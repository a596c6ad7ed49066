-- ===== src/Moderation.antt =====
-- src/bridge.rs: the command handler's outcome on Discord is carried out. A moderation command
-- reaches every room of the guild.
pub mod Targets
pub mod Once
mod Tests
use Prim.Native.String
use matrix_bridge_discord.Prelude.{
  ℕ, suc, List, [], ◌∷◌, String, Bool, true, false, Option, none, some, if◌then◌else◌, Result, ok,
  err, ℤ, pos, ◌==◌, any, eqb,
}
use matrix_bridge_discord.DiscordCommand.{
  ModerationAction, kick, ban, unban, action_keyword, DiscordCommandOutcome, ignored, reply,
  approve_requested, deny_requested, unbridge_requested, moderation_requested, bridge_requested,
}
use matrix_bridge_discord.Provisioning.{ApprovalResponseStatus, applied, expired}
use matrix_bridge_discord.BridgeLogic.{RoomMapping}
use matrix_bridge_discord.Rooms
use matrix_bridge_discord.Rooms.{Options, request_bridge_discord_channel}
use matrix_bridge_discord.Rooms.Store.{RoomStore}
use matrix_bridge_discord.Rooms.Tasks.{
  Call, kick_user_from_room, ban_user_from_room, unban_user_from_room, send_notice, send_message,
  Outside, World, Task, give, ◌>>=◌, ◌>>◌, query, attempt, perform,
}

-- How many rooms have taken the action, and how many have not.
pub record Tally : Type 0 where
  pub success_count : ℕ
  pub failed_count : ℕ

abbrev pub action_word : ModerationAction → String
action_word kick = "Kicked"
action_word ban = "Banned"
action_word unban = "Unbanned"

-- The rooms of the rows that are not seen yet, each at its first row.
abbrev pub unseen_rooms : List String → List RoomMapping → List String
unseen_rooms seen [] = []
unseen_rooms seen (m ∷ l) =
    let others = unseen_rooms seen l in
    let later = unseen_rooms (m.matrix_room_id ∷ seen) l in
    if any (λ room. room == m.matrix_room_id) seen then others else m.matrix_room_id ∷ later

unfoldable pub target_rooms : RoomMapping → List RoomMapping → List String
target_rooms mapping [] = mapping.matrix_room_id ∷ []
target_rooms mapping (m ∷ l) = unseen_rooms [] (m ∷ l)

abbrev pub moderation_call : ModerationAction → String → String → String → Call
moderation_call kick user reason room = kick_user_from_room room user (some reason)
moderation_call ban user reason room = ban_user_from_room room user (some reason)
moderation_call unban user reason room = unban_user_from_room room user

abbrev pub reason_of : String → String → String
reason_of sender channel =
    String.◌++◌ "Discord moderation request by "
      (String.◌++◌ sender (String.◌++◌ " from channel " channel))

abbrev pub notice_of : ModerationAction → String → String → String
notice_of action user sender = String.◌++◌ "Discord moderation request: " (
    String.◌++◌ (action_keyword action)
      (String.◌++◌ " " (String.◌++◌ user (String.◌++◌ " (requested by " (String.◌++◌ sender ")")))))

-- The branches of a command are carried out for the channel and the sender of its message. The
-- provisioning handler is a part of the state.
module _ {S : Type 0} (rooms : RoomStore S)
    (mark_approval : S → String → Bool → ApprovalResponseStatus × S) (to_string : ℤ → String)
    (outside : Outside S) (options : Options) (channel sender : String) where
  abbrev pub say : String → Task S (Unit {0})
  say text = perform outside.done (send_message channel text)

  abbrev pub approval_text : Bool → ApprovalResponseStatus → String
  approval_text true applied = "Thanks for your response! The matrix bridge has been approved."
  approval_text false applied = "Thanks for your response! The matrix bridge has been declined."
  approval_text approved expired =
      "Thanks for your response, however it has arrived after the deadline - sorry!"

  abbrev pub mark : Bool → Task S ApprovalResponseStatus
  mark approved w =
      let (status, s) = mark_approval w.db channel approved in (ok status, record w { db = s })

  abbrev pub answer_request : Bool → Task S (Unit {0})
  answer_request approved = do status ← mark approved; say (approval_text approved status)

  module _ (action : ModerationAction) (matrix_user : String) where
    abbrev pub tally : String → Tally → Result String (Unit {0}) → Task S Tally
    tally room count (ok _) = do
      attempt (send_notice room (notice_of action matrix_user sender))
          (λ log. outside.done log (send_notice room (notice_of action matrix_user sender)))
      give (record count { success_count = suc count.success_count })
    tally room count (err e) = give (record count { failed_count = suc count.failed_count })

    abbrev pub moderate_room : Tally → String → Task S Tally
    moderate_room count room = do
      result ← attempt (moderation_call action matrix_user (reason_of sender channel) room) (λ log.
          outside.done log (moderation_call action matrix_user (reason_of sender channel) room))
      tally room count result

    abbrev pub moderate_rooms : Tally → List String → Task S Tally
    moderate_rooms count [] = give count
    moderate_rooms count (room ∷ rest) = do
      counted ← moderate_room count room
      moderate_rooms counted rest

    abbrev pub report : Tally → String
    report count = String.◌++◌ (action_word action) (
        String.◌++◌ " " (
          String.◌++◌ matrix_user (
            String.◌++◌ " in " (
              String.◌++◌ (to_string (pos count.success_count)) (
                if eqb count.failed_count 0
                then " bridged room(s)."
                else String.◌++◌ " room(s), failed in "
                    (String.◌++◌ (to_string (pos count.failed_count)) " room(s)."))))))

    unfoldable pub moderate : Option RoomMapping → Task S (Unit {0})
    moderate none = say "This channel is not bridged to a plumbed matrix room"
    moderate (some mapping) = do
      guild_rooms ← query (λ s. rooms.get_rooms_by_guild s mapping.discord_guild_id)
      count ←
          moderate_rooms (record { success_count = 0; failed_count = 0 })
            (target_rooms mapping guild_rooms)
      say (report count)

  unfoldable pub handle_discord_command_outcome :
      DiscordCommandOutcome → Option RoomMapping → Task S (Unit {0})
  handle_discord_command_outcome ignored room_mapping = give tt
  handle_discord_command_outcome (reply text) room_mapping = say text
  handle_discord_command_outcome approve_requested room_mapping = answer_request true
  handle_discord_command_outcome deny_requested room_mapping = answer_request false
  handle_discord_command_outcome (moderation_requested action matrix_user) room_mapping =
      moderate action matrix_user room_mapping
  handle_discord_command_outcome unbridge_requested room_mapping =
      Rooms.unbridge_requested rooms to_string outside options channel room_mapping
  handle_discord_command_outcome (bridge_requested guild_id channel_id) room_mapping = do
    text ← request_bridge_discord_channel rooms to_string outside options guild_id channel_id
    say text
□ □ □ □
● **Exercise goal**:
All lines above that include the word "rest" should be located and copied.

● **Solution for this problem**:
    moderate_rooms count (room ∷ rest) = do
      moderate_rooms counted rest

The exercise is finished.